- Born: Victor Burke 1974 (age 51–52) Dublin, Ireland
- Occupations: Actor and entrepreneur
- Years active: 1997 – present

= Victor Burke =

Irish actor and voice actor

Victor Burke is an Irish-born actor, voiceover artist, and entrepreneur from Dublin.

==Early life and career==
Originally from Inchicore in Dublin, Burke is a fluent Irish language speaker having attended a Gaelscoil as a child.

As an eleven year old, he interviewed Jack Charlton, in 1986, who had become the manager of the Republic of Ireland football team. Brief footage of the interview was shown in the documentary Finding Jack Charlton (2020).

He made his stage debut at Dublin's Abbey Theatre, aged 13, in The Devil's Disciple. He went on to become a well-known actor in Ireland, playing the character of Wayne Molloy in the long-running RTÉ soap opera Fair City for more than seven seasons in his first spell in the show. He returned to the show in 2009. Burke also works as a voiceover artist, in 2002 he was the official voice of Compaq Computers worldwide for both radio and TV commercials.

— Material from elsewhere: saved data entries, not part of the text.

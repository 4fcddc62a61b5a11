-- ===== src/Dll/Exchange/Token.antt =====
-- fish_11_dll/src/dll_interface/fish11_exchangekey.rs: what a call that begins an exchange leaves behind.
use fish.Common.{
  ◌≡◌, refl, ◌∙◌, arith, inl, inr, Bool, true, false, none, some, Bytes, length, ◌==◌, starts_with,
}
use fish.Env.{Env, IsEnv}
use fish.Errors.{Result-cases, ok, err, FishError}
use fish.Config.Models.{Key, KeyPair, FishConfig}
use fish.Config.Access.{free, ret, with_config, with_config_mut}
use fish.Config.Access.Counters.{count_key_exchange, increment_key_exchange_counter}
use fish.Config.Channels.{stored_keypair}
use fish.Config.Keys.{get_key_internal, get_key, set_key}
use fish.Config.Keys.Store.{IsReadable, stored, get_key-stored}
use fish.Config.Manual.{get_keypair}
use fish.Crypto.X25519.{format_public_key}
use fish.Utils.{normalize_nick}
use fish.Dll.Exchange.{
  Stage, Call, validate_keypair, nickname_of, ensure_key_exists, get_or_generate_keypair_internal,
  exchange_key, save_if, before_key_check, before_keypair_generation, before_keypair_validation,
}

-- A call in time, connected, with random bytes and a file that can be written.
pub record IsTimely (call : Call) (key : Key) : Type 0 where
  pub in_time : (stage : Stage) → call.late stage ≡ false
  pub online : call.connected ≡ true
  pub random : call.random_key ≡ some key
  pub written : call.saved ≡ ok tt

-- What an exchange goes on from: the pair and the settings.
pub record HasSame (env : Env) (before after : FishConfig) : Type 0 where
  pub same_pair : stored_keypair env after ≡ stored_keypair env before
  pub same_settings : after.fish11 ≡ before.fish11

-- The count of one exchange.
abbrev counted : FishConfig → FishConfig
counted config = (count_key_exchange free config).1

module _ (env : Env) (call : Call) (key net : Bytes) (timely : IsTimely call key)
    (current : env.current_network ≡ some net) where
  -- A nickname with no key gets the random one.
  ensure_key_exists-missing :
      (nickname : Bytes) (config : FishConfig) {e : FishError}
      → get_key_internal env config nickname none ≡ err e
      → ensure_key_exists env call nickname free config
        ≡ (ret true, stored env config (normalize_nick nickname) net key true)
  unfolding ensure_key_exists get_key set_key
  ensure_key_exists-missing nickname config missing =
      ground (arith, missing, timely.random, current)

  ensure_key_exists_lem :
      (nickname : Bytes) (config : FishConfig)
      → (generated : Bool) × (config' : FishConfig) × (ensure_key_exists env call nickname free
            config
          ≡ (ret generated, config'))
        × HasSame env config config'
  unfolding stored_keypair
  ensure_key_exists_lem nickname config =
      elim (Result-cases (get_key_internal env config nickname none)) [
        | inl (old, found) ↦ (
          false,
          config,
          unfold ensure_key_exists get_key in rw (found, ensure_key_exists) refl,
          record { same_pair = refl; same_settings = refl },
        )
        | inr (e, missing) ↦ (
          true,
          stored env config (normalize_nick nickname) net key true,
          ensure_key_exists-missing nickname config missing,
          record { same_pair = refl; same_settings = refl },
        )
      ]

  after_ensure :
      (input : Bytes) (generated : Bool) (pair : KeyPair) (config c1 : FishConfig)
      → (length (nickname_of input) == 0) ≡ false
      → ensure_key_exists env call (nickname_of input) free config ≡ (ret generated, c1)
      → stored_keypair env c1 ≡ ok (some pair)
      → validate_keypair pair ≡ ok tt
      → exchange_key env call input free config
        ≡ (ret (format_public_key env pair.public_key), counted c1)
  unfolding exchange_key get_or_generate_keypair_internal get_keypair with_config starts_with
      format_public_key save_if increment_key_exchange_counter with_config_mut
  after_ensure input generated pair config c1 named e p v =
      let t1 = timely.in_time before_key_check in
      let t2 = timely.in_time before_keypair_generation in
      let t3 = timely.in_time before_keypair_validation in
      elim generated [
        | true ↦ ground (arith, t1, t2, t3, timely.online, timely.written, named, e, p, v)
        | false ↦ ground (arith, t1, t2, t3, timely.online, timely.written, named, e, p, v)
      ]

  -- With a stored pair that is valid, a call in time and online for an input that names a nickname,
  -- with a key or without one, answers the public key of the pair as a token, and keeps the pair and
  -- the settings.
  pub exchange_key-token :
      (input : Bytes) (pair : KeyPair) (config : FishConfig)
      → (length (nickname_of input) == 0) ≡ false
      → stored_keypair env config ≡ ok (some pair)
      → validate_keypair pair ≡ ok tt
      → (config' : FishConfig) × (exchange_key env call input free config
          ≡ (ret (format_public_key env pair.public_key), config'))
        × HasSame env config config'
  unfolding stored_keypair
  exchange_key-token input pair config named p v =
      let (generated, c1, e, same) = ensure_key_exists_lem (nickname_of input) config in
      (
        counted c1,
        after_ensure input generated pair config c1 named e (same.same_pair ∙ p) v,
        record { same_pair = same.same_pair; same_settings = same.same_settings },
      )

  -- For a nickname with no key, where the current network is known, a valid pair is stored, and the call
  -- is online, in time and writes the file, it answers its public key and also stores the random key
  -- that it drew: right behind it get_key gives that key for the nickname, where base64 and dates are
  -- read back and the configured life of keys is not negative and at most 2 ^ 63 - 301 seconds.
  pub exchange_key_placeholder :
      (input : Bytes) (pair : KeyPair) (config : FishConfig) {e : FishError}
      → IsEnv env
      → (length (nickname_of input) == 0) ≡ false
      → stored_keypair env config ≡ ok (some pair)
      → validate_keypair pair ≡ ok tt
      → get_key_internal env config (nickname_of input) none ≡ err e
      → IsReadable true config.fish11.key_ttl
      → (config' : FishConfig) × (exchange_key env call input free config
          ≡ (ret (format_public_key env pair.public_key), config'))
        × (get_key env (nickname_of input) none free config' ≡ (ret key, config'))
  unfolding stored_keypair
  exchange_key_placeholder input pair config laws named p v missing life =
      let nickname = nickname_of input in
      let c1 = stored env config (normalize_nick nickname) net key true in
      (
        counted c1,
        after_ensure input true pair config c1 named
            (ensure_key_exists-missing nickname config missing) p v,
        get_key-stored env laws nickname key net true (counted config) life,
      )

His stage credits include The Last Apache Reunion, The Plough and The Stars, MacBeth, and Tarry Flynn. Victor also starred in Seán O'Casey's Juno and the Paycock at the Royal Lyceum Theatre in Edinburgh. He has also worked as a script doctor and author.

Burke lives in Malibu, California with his wife Fiona and two teenage children and commuted to Dublin to film scenes for Fair City. He also has a number of business interests including being a founder of digital signage company, IPC Digital Media, and is a partner in Wilde Irish gin and web-based advisory platform Dosen.

==Filmography==

| Year | Title | Role | Notes |
|---|---|---|---|
| 1997 | Homeboy | Homeboy (Michael) |  |
| 1998 | Saving Private Ryan | Soldier on the Beach | ^{[citation needed]} |
| 2000 | Northern Lights | Leading Male | Short |
| 2005 | Welcome to September | Drew McCullough |  |
| 2008 | 8.5 Hours | Eoin |  |

==Television==
- Rasaí na Gaillimhe TG4 2009 Irish language comedy/drama
- Butterfly Collectors (1999) (TV) as Liam
- Fair City (1992–1997) / (2009–Present) RTÉ TV series as Wayne Molloy (The character reappeared after Burke's departure, though played by another actor)

==Video games==
- Dreamfall: The Longest Journey (2006) (voice) as Damien Cavanaugh
... aka Den lengste reisen: Drømmefall (Norway: dubbed version)
... aka Drømmefall: Den lengste reisen (Norway: PC version)

==Awards==
Burke received the award for 'Best Actor in a Short Film' at the Edinburgh Film Festival for his role in Turnaround.